If the alternator relay didn’t click when you turned on the ignition (before starting the engine), then the alternator will not be getting any voltage on its field wires, so it definitely will not work. I would suggest that you go to @Michael_Frank 's website here: Jaguar E-Type Alternator Wiring Explained and read up on the Lucas alternator circuit. At the bottom of the 2nd page is a link to a troubleshooting guide that should allow you to determine what is awry. Good luck!
Yes a driver on weekends. i followed what moss said- battery was always connected - just checked voltage at alternator n then at battery. They were the same.
I’ll read up on the below link. Thanks guys
If its a driver, IMHO, ALLL that wiring goes, the relay goes the regulator goes.
You get the gm 1 wire run a single wire NEW from the alt post to the Battery post , tape back everything else and its clean and safe.
If not get a new harness, its an accident waiting to happen.
ps my 1 wire is I think 72 amp tops. nothing crazy.
Which gm1- will it fit right in?
Many years ago I purchased a replacement alternator from CJ. They provided a wiring diagram to ensure it was attached to the car correctly. Internal regulator. Touching wood but not had any kind of problem with it. As said, this was many years ago. If you’re sure about getting a modern replacement you could do worse that contact CJ…imo.
Moss had a WONDERFUL gm 1 wire WITH the double pulley, wire and all included.
They sold out in a day.
Supposedly they are remaking them now.
Its maybe a couple hundred dollars with EVERYTHING INCLUDED, The cj unit was the MOSS unit.
Its a simple conversion.
PM if you have questions, Good luck either way.
Once its done, YOU CAN forget about it for another 100 years,
The advice you’ve received here is good, I just want to be a little more emphatic, because this is a simple system and seeing it munged makes me crazed. First of all, there are multiple parts to this system, any one of which can cause failure to charge. The parts you need to check are the alternator, the voltage regulator, and the alternator relay. Never, ever, ever remove a wire, any wire, from a running alternator. Don’t remove cables from the battery while running, either. Your wiring harness is rubbish, to put a word to it. If you don’t want to replace the harness, you will need to patiently go through everything, fixing broken insulation and using insulated connectors. If you can’t find insulated connectors, drop me a line and I’ll send you a bunch.
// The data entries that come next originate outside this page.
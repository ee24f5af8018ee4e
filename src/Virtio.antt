-- ===== src/Virtio.antt =====
-- src/kern/virtio.c and virtio.h: the sets of features, their negotiation and the queues of a virtio
-- device. What the device offers, and what its status register holds after a write, are parameters.
pub mod Features
pub mod Negotiate
use illinux.Prelude.{
  ℕ, zero, suc, ◌+◌, ◌/◌, ◌%◌, ◌^◌, Bool, true, false, Option, none, some, ◌==◌, if◌then◌else◌,
}
use illinux.Bits.{bit, bit_and, bit_or, one_bit}
use illinux.Cmd.{Cmd, Run, done, panic, blocked, timeout, pure, modify, ◌>>=◌, ◌>>◌}
use illinux.Errno.{Result, ok, err, enotsup}
use illinux.Mem.{store}

abbrev pub featlen : ℕ
featlen = 4

-- A feature set: its words.
abbrev pub Featset : Type 0
Featset = ℕ → ℕ

unfoldable pub virtio_featset_init : Featset → Featset
virtio_featset_init fts = store (store (store (store fts 0 0) 1 0) 2 0) 3 0

unfoldable pub virtio_featset_add : Featset → ℕ → Featset
virtio_featset_add fts k = store fts (k / 32) (bit_or 32 (fts (k / 32)) (one_bit (k % 32)))

unfoldable pub virtio_featset_test : Featset → ℕ → ℕ
virtio_featset_test fts k = bit (k % 32) (fts (k / 32))

-- The registers of one queue.
pub record VirtQueue : Type 0 where
  pub desc : ℕ
  pub driver_ring : ℕ
  pub device_ring : ℕ
  pub num : ℕ
  pub queue_ready : ℕ
  pub queue_reset : ℕ

-- `struct virtio_mmio_regs`, less the configuration. The registers behind a selector are functions of it.
pub record Mmio : Type 0 where
  pub magic_value : ℕ
  pub version : ℕ
  pub device_id : ℕ
  pub device_features_sel : ℕ
  pub driver_features_sel : ℕ
  pub driver_features : ℕ → ℕ
  pub queue_sel : ℕ
  pub queues : ℕ → VirtQueue
  pub queue_notify : ℕ
  pub status : ℕ

-- The registers, and the caller's array `enabled`.
pub record Negotiation : Type 0 where
  pub regs : Mmio
  pub enabled : Featset

abbrev pub select_device : ℕ → Negotiation → Negotiation
select_device i s = record s { regs = record (s.regs) { device_features_sel = i } }

abbrev pub write_driver_features : ℕ → Mmio → Mmio
write_driver_features v r = record r {
  driver_features = store r.driver_features r.driver_features_sel v;
}

module _ (offered : Featset) (settles : Mmio → ℕ → ℕ) where
  abbrev pub device_features : Negotiation → ℕ
  device_features s = offered s.regs.device_features_sel

  abbrev pub has_needed : Featset → ℕ → Negotiation → Bool
  has_needed needed i s = bit_and 32 (device_features s) (needed i) == needed i

  -- The loop over the needed features, from the word `i` on.
  unfoldable pub check_needed : Featset → ℕ → ℕ → Negotiation → Negotiation × Bool
  check_needed needed i zero s = (s, true)
  check_needed needed i (suc n) s = elim (needed i == 0) [
    | true ↦ check_needed needed (i + 1) n s
    | false ↦ elim (has_needed needed i (select_device i s)) [
      | true ↦ check_needed needed (i + 1) n (select_device i s)
      | false ↦ (select_device i s, false)
    ]
  ]

  -- One pass of the loop over the wanted features, for a word that is not 0.
  unfoldable pub request_word : Featset → ℕ → Negotiation → Negotiation
  request_word wanted i s =
      let s' : Negotiation = record s {
        regs = record (s.regs) { device_features_sel = i; driver_features_sel = i };
      } in
      let v = bit_and 32 (device_features s') (wanted i) in
      record { regs = write_driver_features v s'.regs; enabled = store s'.enabled i v }

  unfoldable pub request_wanted : Featset → ℕ → ℕ → Negotiation → Negotiation
  request_wanted wanted i zero s = s
  request_wanted wanted i (suc n) s =
      request_wanted wanted (i + 1) n
        (elim (wanted i == 0) [ true ↦ s | false ↦ request_word wanted i s ])

  -- `regs->status |= 1 << k`
  abbrev pub add_status : ℕ → Mmio → Mmio
  add_status k r = record r { status = settles r (bit_or 32 r.status (one_bit k)) }

  -- VIRTIO_STAT_FEATURES_OK is bit 3.
  unfoldable pub features_ok : Cmd Negotiation (Result ℕ)
  features_ok s =
      let r = add_status 3 s.regs in
      if bit 3 r.status == 1 then done (ok 0) (record s { regs = r }) else panic

  unfoldable pub virtio_negotiate_features : Featset → Featset → Cmd Negotiation (Result ℕ)
  virtio_negotiate_features wanted needed s =
      let r = check_needed needed 0 featlen s in
      elim r.1 [
        | false ↦ done (err enotsup) r.0
        | true ↦ features_ok (request_wanted wanted 0 featlen r.0)
      ]

abbrev pub update_queue : (VirtQueue → VirtQueue) → Mmio → Mmio
update_queue f r = record r { queues = store r.queues r.queue_sel (f (r.queues r.queue_sel)) }

abbrev pub select_queue : ℕ → Mmio → Mmio
select_queue qid r = record r { queue_sel = qid }

unfoldable pub virtio_attach_virtq : ℕ → ℕ → ℕ → ℕ → ℕ → Mmio → Mmio
virtio_attach_virtq qid len desc_addr used_addr avail_addr r =
    update_queue
      (λ q. record q {
        desc = desc_addr;
        device_ring = used_addr;
        driver_ring = avail_addr;
        num = len;
      })
      (select_queue qid r)

unfoldable pub virtio_enable_virtq : ℕ → Mmio → Mmio
virtio_enable_virtq qid r = update_queue (λ q. record q { queue_ready = 1 }) (select_queue qid r)

unfoldable pub virtio_reset_virtq : ℕ → Mmio → Mmio
virtio_reset_virtq qid r = update_queue (λ q. record q { queue_reset = 1 }) (select_queue qid r)

unfoldable pub virtio_notify_avail : ℕ → Mmio → Mmio
virtio_notify_avail qid r = record r { queue_notify = qid }

-- The driver that `virtio_attach` gives the device to.
pub data Attached : Type 0 where
  no_driver viocons vioblk : Attached

module _ (settles : Mmio → ℕ → ℕ) where
  abbrev pub write_status : ℕ → Mmio → Mmio
  write_status v r = record r { status = settles r v }

  -- `virtio_attach` up to the call of the driver's own function.
  unfoldable pub virtio_attach : Mmio → Mmio × Attached
  virtio_attach r =
      if r.magic_value == 1953655158
      then if r.version == 2
        then if r.device_id == 0
          then (r, no_driver)
          else (let r' = write_status 1 (write_status 0 r) in
              if r'.device_id == 3
              then (r', viocons)
              else if r'.device_id == 2
              then (r', vioblk)
              else (r', no_driver))
        else (r, no_driver)
      else (r, no_driver)
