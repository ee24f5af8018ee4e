-- ===== src/Virtio/Negotiate.antt =====
-- src/kern/virtio.c: which features a driver ends up with.
use illinux.Prelude.{
  ℕ, zero, suc, ◌+◌, ◌^◌, ◌≤◌, ◌<◌, ◌≡◌, ◌≢◌, refl, sym, ap, ◌∙◌, arith, Bool, true, false, ◌==◌,
  ◌&&◌, not, leb, ltb, if◌then◌else◌, Bool-cases, inl, inr, max, min,
}
use illinux.Bits.{
  bit, bit_and, bit_or, bit_and-subset, bit-bit_or, bit-bit_and, bit-one_bit, bit_bound, bit-zero,
}
use illinux.Cmd.{Run, done, panic}
use illinux.Errno.{Result, ok, err, enotsup}
use illinux.Mem.{store, store_same}
use illinux.Virtio.{
  Featset, Mmio, Negotiation, select_device, check_needed, has_needed, request_word, request_wanted,
  features_ok, add_status, virtio_negotiate_features,
}

-- Every needed feature is offered.
abbrev pub Offers : Featset → Featset → Type 0
Offers offered needed = (i k : ℕ) → i < 4 → k < 32 → bit k (needed i) ≡ 1 → bit k (offered i) ≡ 1

abbrev pub IsFeatset : Featset → Type 0
IsFeatset fts = (i : ℕ) → i < 4 → fts i < 2 ^ 32

-- The device keeps FEATURES_OK when it is written.
abbrev pub Accepts : (Mmio → ℕ → ℕ) → Type 0
Accepts settles = (r : Mmio) (v : ℕ) → bit 3 v ≡ 1 → bit 3 (settles r v) ≡ 1

missing : (o n k : ℕ) → k < 32 → bit k n ≡ 1 → bit k o ≡ 0 → bit_and 32 o n ≢ n
missing o n k lt has lacks e =
    let b : bit k n ≡ min (bit k o) (bit k n) = ap (bit k) (sym e) ∙ bit-bit_and 32 o n k lt in
    omega (arith, b, has, lacks)

no_bit : (n k : ℕ) → (n == 0) ≡ true → bit k n ≢ 1
no_bit n k e has =
    let z : n ≡ 0 = ground (arith, e) in
    let b : bit k n ≡ 0 = ap (bit k) z ∙ bit-zero k in omega (arith, b, has)

later : (i j : ℕ) → i ≤ j → i ≢ j → i + 1 ≤ j
later i j le ne = omega (arith, le, ne)

module _ (offered : Featset) (settles : Mmio → ℕ → ℕ) where
  check_needed_ok :
      (needed : Featset) (i n : ℕ) (s : Negotiation)
      → i + n ≡ 4
      → IsFeatset needed
      → Offers offered needed
      → (sel : ℕ) × (check_needed offered settles needed i n s ≡ (select_device sel s, true))
  unfolding check_needed
  check_needed_ok needed i zero s sum words offers = (s.regs.device_features_sel, refl)
  check_needed_ok needed i (suc n) s sum words offers = elim (Bool-cases (needed i == 0)) [
    | inl e ↦
        let (sel, ih) = check_needed_ok needed (i + 1) n s (omega (arith, sum)) words offers in
        (sel, rw (check_needed, e) ih)
    | inr e ↦
        let lt : i < 4 = omega (arith, sum) in
        let all : bit_and 32 (offered i) (needed i) ≡ needed i =
          bit_and-subset 32 (offered i) (needed i) (words i lt) (λ k l. offers i k lt l) in
        let pass : has_needed offered settles needed i (select_device i s) ≡ true =
          ground (arith, all) in
        let (sel, ih) =
          check_needed_ok needed (i + 1) n (select_device i s) (omega (arith, sum)) words offers in
        (sel, rw (check_needed, e, pass) ih)
  ]

  check_needed_refuses :
      (needed : Featset) (i n : ℕ) (s : Negotiation) (j k : ℕ)
      → i ≤ j
      → j < i + n
      → k < 32
      → bit k (needed j) ≡ 1
      → bit k (offered j) ≡ 0
      → (sel : ℕ) × (check_needed offered settles needed i n s ≡ (select_device sel s, false))
  unfolding check_needed
  check_needed_refuses needed i zero s j k le lt lk has lacks = absurd (omega (arith, le, lt))
  check_needed_refuses needed i (suc n) s j k le lt lk has lacks =
      elim (Bool-cases (needed i == 0)) [
        | inl e ↦
            let next : i + 1 ≤ j =
              later i j le
                (λ same. no_bit (needed i) k e (ap (λ (x : ℕ). bit k (needed x)) same ∙ has)) in
            let (sel, ih) =
              check_needed_refuses needed (i + 1) n s j k next (omega (arith, lt)) lk has lacks in
            (sel, rw (check_needed, e) ih)
        | inr e ↦ elim (Bool-cases (has_needed offered settles needed i (select_device i s))) [
          | inl pass ↦
              let next : i + 1 ≤ j = later i j le (λ same.
                missing (offered i) (needed i) k lk (ap (λ (x : ℕ). bit k (needed x)) same ∙ has)
                  (ap (λ (x : ℕ). bit k (offered x)) same ∙ lacks) (ground (arith, pass))) in
              let (sel, ih) =
                check_needed_refuses needed (i + 1) n (select_device i s) j k next
                  (omega (arith, lt)) lk has lacks in
              (sel, rw (check_needed, e, pass) ih)
          | inr fail ↦ (i, rw (check_needed, e, fail) refl)
        ]
      ]

  -- The words that the loop over the wanted features asks for, from word `i` on.
  abbrev asked : Featset → ℕ → ℕ → ℕ → Bool
  asked wanted i n j = (leb i j && ltb j (i + n)) && not (wanted j == 0)

  -- What the loop makes of a word of `enabled` or of the driver's features.
  abbrev result : Featset → ℕ → ℕ → ℕ → ℕ → ℕ
  result wanted i n j old = if asked wanted i n j then bit_and 32 (offered j) (wanted j) else old

  combine :
      (wanted : Featset) (i n j old : ℕ)
      → result wanted (i + 1) n j (result wanted i 1 j old) ≡ result wanted i (suc n) j old
  combine wanted i n j old = ground arith

  one_word :
      (f : ℕ → ℕ) (wanted : Featset) (i j : ℕ)
      → (wanted i == 0) ≡ false
      → store f i (bit_and 32 (offered i) (wanted i)) j ≡ result wanted i 1 j (f j)
  one_word f wanted i j e = elim (Bool-cases (i == j)) [
    | inl hit ↦
        let same : i ≡ j = ground (arith, hit) in
        let some_bits : (wanted j == 0) ≡ false = ap (λ (x : ℕ). wanted x == 0) (sym same) ∙ e in
        store_same f i (bit_and 32 (offered i) (wanted i)) j (sym same)
        ∙ ap (λ (x : ℕ). bit_and 32 (offered x) (wanted x)) same
        ∙ ground (arith, same, some_bits)
    | inr ne ↦ rw ne (ground (arith, ne))
  ]

  no_word :
      (wanted : Featset) (i j old : ℕ) → (wanted i == 0) ≡ true → old ≡ result wanted i 1 j old
  no_word wanted i j old e = elim (Bool-cases (i == j)) [
    | inl hit ↦
        let same : i ≡ j = ground (arith, hit) in
        let no_bits : (wanted j == 0) ≡ true = ap (λ (x : ℕ). wanted x == 0) (sym same) ∙ e in
        ground (arith, no_bits)
    | inr ne ↦ ground (arith, ne)
  ]

  Requested : Featset → ℕ → ℕ → ℕ → Negotiation → Negotiation → Type 0
  Requested wanted i n j s t =
      (t.enabled j ≡ result wanted i n j (s.enabled j))
      × (t.regs.driver_features j ≡ result wanted i n j (s.regs.driver_features j))
      × (t.regs.status ≡ s.regs.status)

  next_word :
      (wanted : Featset) (i n j : ℕ) (s t u : Negotiation)
      → Requested wanted i 1 j s t
      → Requested wanted (i + 1) n j t u
      → Requested wanted i (suc n) j s u
  unfolding Requested
  next_word wanted i n j s t u (e, d, st) (e', d', st') = (
    e' ∙ ap (result wanted (i + 1) n j) e ∙ combine wanted i n j (s.enabled j),
    d' ∙ ap (result wanted (i + 1) n j) d ∙ combine wanted i n j (s.regs.driver_features j),
    st' ∙ st,
  )

  request_wanted_lem :
      (wanted : Featset) (i n j : ℕ) (s : Negotiation)
      → Requested wanted i n j s (request_wanted offered settles wanted i n s)
  unfolding request_wanted Requested request_word
  request_wanted_lem wanted i zero j s = (ground arith, ground arith, refl)
  request_wanted_lem wanted i (suc n) j s = elim (Bool-cases (wanted i == 0)) [
    | inl e ↦
        rw (request_wanted, e)
          (next_word wanted i n j s s (request_wanted offered settles wanted (i + 1) n s)
            (
              no_word wanted i j (s.enabled j) e,
              no_word wanted i j (s.regs.driver_features j) e,
              refl,
            )
            (request_wanted_lem wanted (i + 1) n j s))
    | inr e ↦
        rw (request_wanted, e)
          (next_word wanted i n j s (request_word offered settles wanted i s)
            (request_wanted offered settles wanted (i + 1) n
              (request_word offered settles wanted i s))
            (one_word s.enabled wanted i j e, one_word s.regs.driver_features wanted i j e, refl)
            (request_wanted_lem wanted (i + 1) n j (request_word offered settles wanted i s)))
  ]

  -- A word of features after a negotiation: what is offered of the wanted ones, or as before where none
  -- is wanted.
  abbrev pub agreed : Featset → ℕ → ℕ → ℕ
  agreed wanted j old = if wanted j == 0 then old else bit_and 32 (offered j) (wanted j)

  result-agreed :
      (wanted : Featset) (j old : ℕ) → j < 4 → result wanted 0 4 j old ≡ agreed wanted j old
  result-agreed wanted j old lt = ground (arith, lt)

  after_check : Featset → Negotiation × Bool → Run Negotiation (Result ℕ)
  after_check wanted r = elim r.1 [
    | false ↦ done (err enotsup) r.0
    | true ↦ features_ok offered settles (request_wanted offered settles wanted 0 4 r.0)
  ]

  has_bit3 : (st : ℕ) → bit 3 (bit_or 32 st 8) ≡ 1
  has_bit3 st =
      let eight : bit 3 8 ≡ 1 = bit-one_bit 3 3 in
      let either : bit 3 (bit_or 32 st 8) ≡ max (bit 3 st) (bit 3 8) =
        bit-bit_or 32 st 8 3 (omega arith) in
      omega (arith, either, eight, bit_bound 3 st)

  features_ok_lem :
      (u : Negotiation)
      → Accepts settles
      → features_ok offered settles u
        ≡ done (ok 0) (record u { regs = add_status offered settles 3 u.regs })
  unfolding features_ok
  features_ok_lem u accepts =
      let kept : (bit 3 (settles u.regs (bit_or 32 u.regs.status 8)) == 1) ≡ true =
        ap (λ (x : ℕ). x == 1)
          (accepts u.regs (bit_or 32 u.regs.status 8) (has_bit3 u.regs.status)) in
      ap
        (λ (b : Bool).
          if b
          then done (ok 0) (record u { regs = add_status offered settles 3 u.regs })
          else panic)
        kept

  -- Where a device offers every needed feature and keeps FEATURES_OK, the negotiation succeeds. In each
  -- word in which features are wanted the caller's set and the features that the device was told are
  -- then those of them that it offers; the other words are as before.
  pub virtio_negotiate_features_ok :
      (wanted needed : Featset) (s : Negotiation)
      → IsFeatset needed
      → Offers offered needed
      → Accepts settles
      → (t : Negotiation) × (virtio_negotiate_features offered settles wanted needed s
          ≡ done (ok 0) t)
        × (bit 3 t.regs.status ≡ 1)
        × ((j : ℕ)
            → j < 4
            → (t.enabled j ≡ agreed wanted j (s.enabled j))
              × (t.regs.driver_features j ≡ agreed wanted j (s.regs.driver_features j)))
  unfolding virtio_negotiate_features after_check Requested
  virtio_negotiate_features_ok wanted needed s words offers accepts =
      let (sel, e) = check_needed_ok needed 0 4 s refl words offers in
      let u : Negotiation = request_wanted offered settles wanted 0 4 (select_device sel s) in
      let r : Mmio = add_status offered settles 3 u.regs in
      (
        record u { regs = r },
        ap (after_check wanted) e ∙ features_ok_lem u accepts,
        accepts u.regs (bit_or 32 u.regs.status 8) (has_bit3 u.regs.status),
        (λ j lt.
            let (en, dr, st) = request_wanted_lem wanted 0 4 j (select_device sel s) in
            (
              en ∙ result-agreed wanted j (s.enabled j) lt,
              dr ∙ result-agreed wanted j (s.regs.driver_features j) lt,
            )),
      )

  -- Where a device lacks a needed feature, the negotiation fails with ENOTSUP; the caller's set, the
  -- features that the device was told and its status are as before.
  pub virtio_negotiate_features_refuses :
      (wanted needed : Featset) (s : Negotiation) (j k : ℕ)
      → j < 4
      → k < 32
      → bit k (needed j) ≡ 1
      → bit k (offered j) ≡ 0
      → (t : Negotiation) × (virtio_negotiate_features offered settles wanted needed s
          ≡ done (err enotsup) t)
        × (t.enabled ≡ s.enabled)
        × (t.regs.driver_features ≡ s.regs.driver_features)
        × (t.regs.status ≡ s.regs.status)
  unfolding virtio_negotiate_features after_check
  virtio_negotiate_features_refuses wanted needed s j k lt lk has lacks =
      let (sel, e) = check_needed_refuses needed 0 4 s j k (omega arith) lt lk has lacks in
      (select_device sel s, ap (after_check wanted) e, refl, refl, refl)
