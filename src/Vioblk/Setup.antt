-- ===== src/Vioblk/Setup.antt =====
-- src/kern/vioblk.c: `vioblk_attach`, which negotiates the features of the device and fills in the
-- structures that the driver and the device share, less the lock, which starts free. The offsets in
-- `struct vioblk_device` are the compiler's, and a parameter, as are the two registrations. The new
-- structure is on the heap of src/kern/ezheap.c.
use illinux.Prelude.{
  ℕ, zero, suc, ◌+◌, ◌-◌, ◌*◌, ◌/◌, ◌%◌, ◌^◌, Option, none, some, List, [], ◌∷◌, ◌==◌,
  if◌then◌else◌,
}
use illinux.Bits.{bit, bit_or, one_bit}
use illinux.Cmd.{Cmd, done, panic, pure, modify, ◌>>=◌, ◌>>◌}
use illinux.Errno.{ok, err}
use illinux.Mem.{store}
use illinux.Heap.{Heap, kmalloc}
use illinux.Virtio.{
  Featset, Mmio, Negotiation, virtio_featset_init, virtio_featset_add, virtio_featset_test,
  virtio_negotiate_features, virtio_attach_virtq, write_status,
}

-- `struct virtq_desc`
pub record Desc : Type 0 where
  pub addr : ℕ
  pub len : ℕ
  pub flags : ℕ
  pub next : ℕ

-- VIRTQ_DESC_F_NEXT, VIRTQ_DESC_F_WRITE and VIRTQ_DESC_F_INDIRECT are bits 0, 1 and 2.
abbrev pub add_flag : ℕ → Desc → Desc
add_flag k d = record d { flags = bit_or 16 d.flags (one_bit k) }

abbrev pub virtio_desc_size : ℕ
virtio_desc_size = 16

-- The offsets in `struct vioblk_device` and its size.
pub record Layout : Type 0 where
  pub desc_at : ℕ
  pub used_at : ℕ
  pub avail_at : ℕ
  pub req_header_at : ℕ
  pub req_status_at : ℕ
  pub sizeof_device : ℕ

-- The members of the new device that `vioblk_attach` sets to something else than 0.
pub record NewDevice : Type 0 where
  pub blksz : ℕ
  pub size : ℕ
  pub blkcnt : ℕ
  pub blkbuf_at : ℕ
  pub desc : ℕ → Desc

unfoldable pub needed_features : Featset → Featset
needed_features fts = virtio_featset_add (virtio_featset_add (virtio_featset_init fts) 40) 28

unfoldable pub wanted_features : Featset → Featset
wanted_features fts = virtio_featset_add (virtio_featset_add (virtio_featset_init fts) 6) 10

abbrev pub empty_desc : Desc
empty_desc = record { addr = 0; len = 0; flags = 0; next = 0 }

-- The four descriptors of a device at the address `dev`.
unfoldable pub fill_descs : Layout → ℕ → ℕ → ℕ → ℕ → Desc
fill_descs o dev blkbuf blksz =
    let d₀ : Desc = add_flag 2 (record empty_desc {
      addr = dev + o.desc_at + virtio_desc_size;
      len = 3 * virtio_desc_size;
    }) in
    let d₁ : Desc = add_flag 0 (record empty_desc { addr = dev + o.req_header_at; len = 16 }) in
    let d₂ : Desc = add_flag 0 (record empty_desc { addr = blkbuf; len = blksz }) in
    let d₃ : Desc = add_flag 1 (record empty_desc { addr = dev + o.req_status_at; len = 1 }) in
    store
      (store (store (store (λ i. empty_desc) 0 d₀) 1 (record d₁ { next = 1 })) 2
        (record d₂ { next = 2 }))
      3 d₃

-- `blk_size` is what the device gives.
unfoldable pub block_size : ℕ → Featset → ℕ
block_size blk_size enabled = if virtio_featset_test enabled 6 == 0 then 512 else blk_size

-- The device at the address `dev`. For blocks of no bytes the code divides by 0: the processor's
-- division gives 2^64 - 1.
unfoldable pub new_device : Layout → ℕ → ℕ → NewDevice
new_device o blksz dev = record {
  blksz = blksz;
  size = o.sizeof_device;
  blkcnt = if blksz == 0 then 2 ^ 64 - 1 else o.sizeof_device / blksz;
  blkbuf_at = dev + o.sizeof_device;
  desc = fill_descs o dev (dev + o.sizeof_device) blksz;
}

module _ (offered : Featset) (settles : Mmio → ℕ → ℕ) where
  abbrev pub set_status : (ℕ → ℕ) → Cmd Negotiation (Unit {0})
  set_status f = modify λ s. record s { regs = write_status settles (f s.regs.status) s.regs }

  abbrev pub assert_block : Cmd Negotiation (Unit {0})
  assert_block s = if s.regs.device_id == 2 then done tt s else panic

  -- The status writes before the negotiation: reset, ACKNOWLEDGE, DRIVER.
  unfoldable pub announce_driver : Cmd Negotiation (Unit {0})
  announce_driver = do
    set_status (λ v. 0)
    set_status (λ v. bit_or 32 v (one_bit 0))
    set_status (λ v. bit_or 32 v (one_bit 1))
    assert_block
    set_status (λ v. bit_or 32 v (one_bit 1))

  -- `new_block` is the page that the heap takes where it needs one.
  module _ (blk_size : ℕ) (new_block : ℕ) (heap : Heap) (o : Layout) where
    -- The rest, once the device has its memory at `at`; `registrations` are those of the routine and of
    -- the device.
    unfoldable pub go_live :
        Cmd Negotiation (Unit {0}) → Heap → ℕ → Cmd Negotiation (Option (Heap × NewDevice))
    go_live registrations heap' at s =
        let dev = new_device o (block_size blk_size s.enabled) at in
        (modify (λ u. record u {
          regs = virtio_attach_virtq 0 1 (at + o.desc_at) (at + o.used_at) (at + o.avail_at) u.regs;
        })
            >> (registrations
                >> (set_status (λ v. bit_or 32 v (one_bit 2)) >> pure (some (heap', dev)))))
          s

    -- The call of `kmalloc` and what follows.
    unfoldable pub make_device :
        Cmd Negotiation (Unit {0}) → Cmd Negotiation (Option (Heap × NewDevice))
    make_device registrations s =
        elim (kmalloc new_block ((o.sizeof_device + block_size blk_size s.enabled) % 2 ^ 64) heap) [
          | none ↦ panic
          | some r ↦ go_live registrations r.0 r.1 s
        ]

    -- None where the negotiation failed. `stack` is what the two sets hold before they are filled.
    unfoldable pub vioblk_attach :
        Featset → Cmd Negotiation (Unit {0}) → Cmd Negotiation (Option (Heap × NewDevice))
    vioblk_attach stack registrations = do
      announce_driver
      result ←
          virtio_negotiate_features offered settles (wanted_features stack) (needed_features stack)
      elim result [ err e ↦ pure none | ok n ↦ make_device registrations ]

-- The addresses that the device finds from the entry `i` of a table on, along the marks NEXT.
unfoldable pub chain : ℕ → (ℕ → Desc) → ℕ → List ℕ
chain zero table i = []
chain (suc fuel) table i =
    let rest = chain fuel table (table i).next in
    (table i).addr ∷ (if bit 0 (table i).flags == 0 then [] else rest)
I’ve done a lot of research in to 11AC alternator system, and I’ve posted a trouble guide that you should read. The Moss video is chock full of errors and oversimplifications, and it’s not specific to the 11AC system. Their procedure won’t help you diagnose the problem. My guide was mentioned above (thks), here’s the link again:
100 amp alternators are unnecessary, even with A/C, and a one wire is just silly. Before you substitute something else for something that is an original part of an increasingly valuable car, at least make an effort to figure it out.
So, let me cut through all the crap and start you off right. Take your meter and set it to read DC volts, 20V range if you have it. Disconnect the F+ wire at the alternator, with the car not running this time. Put one meter probe on the F+ wire terminal and the other on any good ground, and have someone start the car. ( if you don’t see any voltage, turn off the car and try again with the F- wire, since they’re probably mislabled) The next step depends on whether you’re seeing 12v there. If you’re not getting 12V, the problem is in the relay or the relay wiring. If you are getting 12v, try the voltage regulator test described in the FSM. If the VR tests bad, replace it. Otherwise your alternator is bad.